10 surprising facts about William the Conqueror and the Norman conquest

Tapisserie de Bayeux - Scène 23 : Harold prête serment à Guillaume

William the Conqueror

From History Extra by Marc Morris author of William I: England’s Conqueror (Penguin Books, 2016)

1. No one at the time called William ‘the Conqueror’

The earliest recorded use of that nickname occurs in the 1120s, and it didn’t really take off until the 13th century. At the time of his death in 1087, William was called ‘the Great’ by his admirers, and ‘the Bastard’ by his detractors; the latter a mocking reference to his illegitimate birth (he was the son of Robert I, Duke of Normandy, and his mistress Herleva).

2. Every major church in England was rebuilt as a result of the Norman conquest

The Anglo-Saxons were not famed for building in stone, and during the first half of the 11th century had not embraced the new architectural style, now known as ‘Romanesque’, that had become fashionable on the continent. Before 1066, the only major Romanesque church in England was Edward the Confessor’s new abbey at Westminster, still not quite finished at the time of the king’s death on 5 January that year.

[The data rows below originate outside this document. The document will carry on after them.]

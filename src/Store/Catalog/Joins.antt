-- ===== src/Store/Catalog/Joins.antt =====
-- internal/store/operation_postgres.go: the rows that the catalog is
-- read from. The joins are on keys.
use mathlib.Core.Bool.{◌&&◌}
use mathlib.Core.Option.{Option, some, bind}
use Prim.Native.Nat.{ℕ}
use agent_key_vault_jit_acce.Prelude.Tests.{◌==◌, holds_value}
use agent_key_vault_jit_acce.Prelude.Rows.{find_row}
use agent_key_vault_jit_acce.Domain.Catalog.{RiskLevel}
use agent_key_vault_jit_acce.Store.Tables.{
  Uuid, Bytes, OperationKind, Target, Credential, OperationSet, SafeOperation, OperationVersion,
  TargetOperationBinding, Catalog,
}

infixl 5 ◌>>=◌
abbrev ◌>>=◌ {ℓ κ} : {A : Type ℓ} {B : Type κ} → Option A → (A → Option B) → Option B
o >>= f = bind o f

-- `catalog.ResolvedOperation`
pub record ResolvedOperation : Type 0 where
  pub target : Target
  pub credential : Credential
  pub operation_set : OperationSet
  pub operation : SafeOperation
  pub version : OperationVersion

-- `catalog.PublicOperation`: what an agent is told of an operation.
pub record PublicOperation : Type 0 where
  pub operation_id : Uuid
  pub version : ℕ
  pub target_id : Uuid
  pub key : Bytes
  pub name : Bytes
  pub description : Bytes
  pub operation_kind : OperationKind
  pub risk_level : RiskLevel
  pub arguments_schema : Bytes

unfoldable pub find_version : Catalog → Uuid → ℕ → Option OperationVersion
find_version c operation_id version =
    find_row (λ v. v.operation_id == operation_id && v.version == version) c.operation_versions

-- The row of `operations o JOIN operation_sets s … JOIN operation_versions v …`.
unfoldable pub version_row :
    Catalog → Uuid → ℕ → Option (OperationSet × SafeOperation × OperationVersion)
version_row c operation_id version = do
  o ← find_row (λ o. o.id == operation_id) c.operations
  s ← find_row (λ s. s.id == o.operation_set_id) c.operation_sets
  v ← find_version c o.id version
  some (s, o, v)

-- The row of a binding that is in force, joined with what it binds, all of it active.
unfoldable pub active_row : Catalog → TargetOperationBinding → Option ResolvedOperation
active_row c b = do
  t ← find_row (λ t. t.id == b.target_id && t.active) c.targets
  k ← find_row (λ k. holds_value t.default_credential_id k.id && k.active) c.credentials
  o ← find_row (λ o. o.id == b.operation_id && o.active) c.operations
  s ← find_row (λ s. s.id == o.operation_set_id && s.active) c.operation_sets
  v ← find_version c b.operation_id b.version
  some (record { target = t; credential = k; operation_set = s; operation = o; version = v })

abbrev pub published : TargetOperationBinding → ResolvedOperation → PublicOperation
published b r = record {
  operation_id = r.operation.id;
  version = b.version;
  target_id = r.target.id;
  key = r.operation.key;
  name = r.version.name;
  description = r.version.description;
  operation_kind = r.version.operation_kind;
  risk_level = r.version.risk_level;
  arguments_schema = r.version.arguments_schema;
}

unfoldable pub public_row : Catalog → TargetOperationBinding → Option PublicOperation
public_row c b = do r ← active_row c b; some (published b r)
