-- ===== src/Store/Catalog/Finds.antt =====
-- internal/store/operation_postgres.go: the finders. The order of a listing is the database's: a
-- parameter, which sorts the rows.
use mathlib.Core.Bool.{not, ◌&&◌}
use mathlib.Core.Option.{bind}
use mathlib.Core.List.{List}
use Prim.Native.Nat.{ℕ}
use agent_key_vault_jit_acce.Prelude.Tests.{◌==◌, is_none}
use agent_key_vault_jit_acce.Prelude.Rows.{length, find_row, select_rows, collect}
use agent_key_vault_jit_acce.Store.Tables.{
  Uuid, OperationSet, SafeOperation, OperationVersion, Catalog,
}
use agent_key_vault_jit_acce.Store.Action.{
  Action, unavailable, internal, ◌>>=◌, ◌>>◌, pure, when_raise, or_raise, query,
}
use agent_key_vault_jit_acce.Store.Catalog.Joins.{
  ResolvedOperation, PublicOperation, version_row, public_row, active_row,
}

abbrev pub hash_size : ℕ
hash_size = 32

-- A null `current_version` cannot be scanned.
unfoldable pub find_operation_version :
    Uuid → ℕ → Action (OperationSet × SafeOperation × OperationVersion)
find_operation_version operation_id version = do
  found ← query (λ d. version_row d.catalog operation_id version)
  row ← or_raise found unavailable
  when_raise (is_none row.1.current_version) internal
  when_raise (not (length row.2.definition_hash == hash_size)) unavailable
  pure row

unfoldable pub public_operations : Uuid → Catalog → List PublicOperation
public_operations target_id c =
    collect (public_row c) (select_rows (λ b. b.target_id == target_id && b.active) c.bindings)

unfoldable pub list_active_target_operations :
    (List PublicOperation → List PublicOperation) → Uuid → Action (List PublicOperation)
list_active_target_operations order target_id =
    query (λ d. order (public_operations target_id d.catalog))

unfoldable pub find_active_operation_for_request : Uuid → Uuid → ℕ → Action ResolvedOperation
find_active_operation_for_request target_id operation_id version = do
  found ← query (λ d.
      bind
        (find_row
          (λ b.
            b.target_id == target_id
            && b.operation_id == operation_id
            && b.version == version
            && b.active)
          d.catalog.bindings)
        (active_row d.catalog))
  resolved ← or_raise found unavailable
  when_raise (is_none resolved.operation.current_version) internal
  when_raise (not (length resolved.version.definition_hash == hash_size)) unavailable
  pure resolved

Normandy, by contrast, had experienced a church-building boom during the rule of William the Conqueror, with dozens of new abbeys founded and ancient cathedrals rebuilt. After the Conquest, this revolution was extended to England, beginning with the rebuilding of Canterbury Cathedral from 1070. England had 15 cathedrals in the 11th-century. By the time of William’s death in 1087 nine of them had been rebuilt, and by the time of the death of his son Henry I, in 1135, so too had the remaining six. The same was true of every major abbey. It was the single greatest revolution in the history of English ecclesiastical architecture.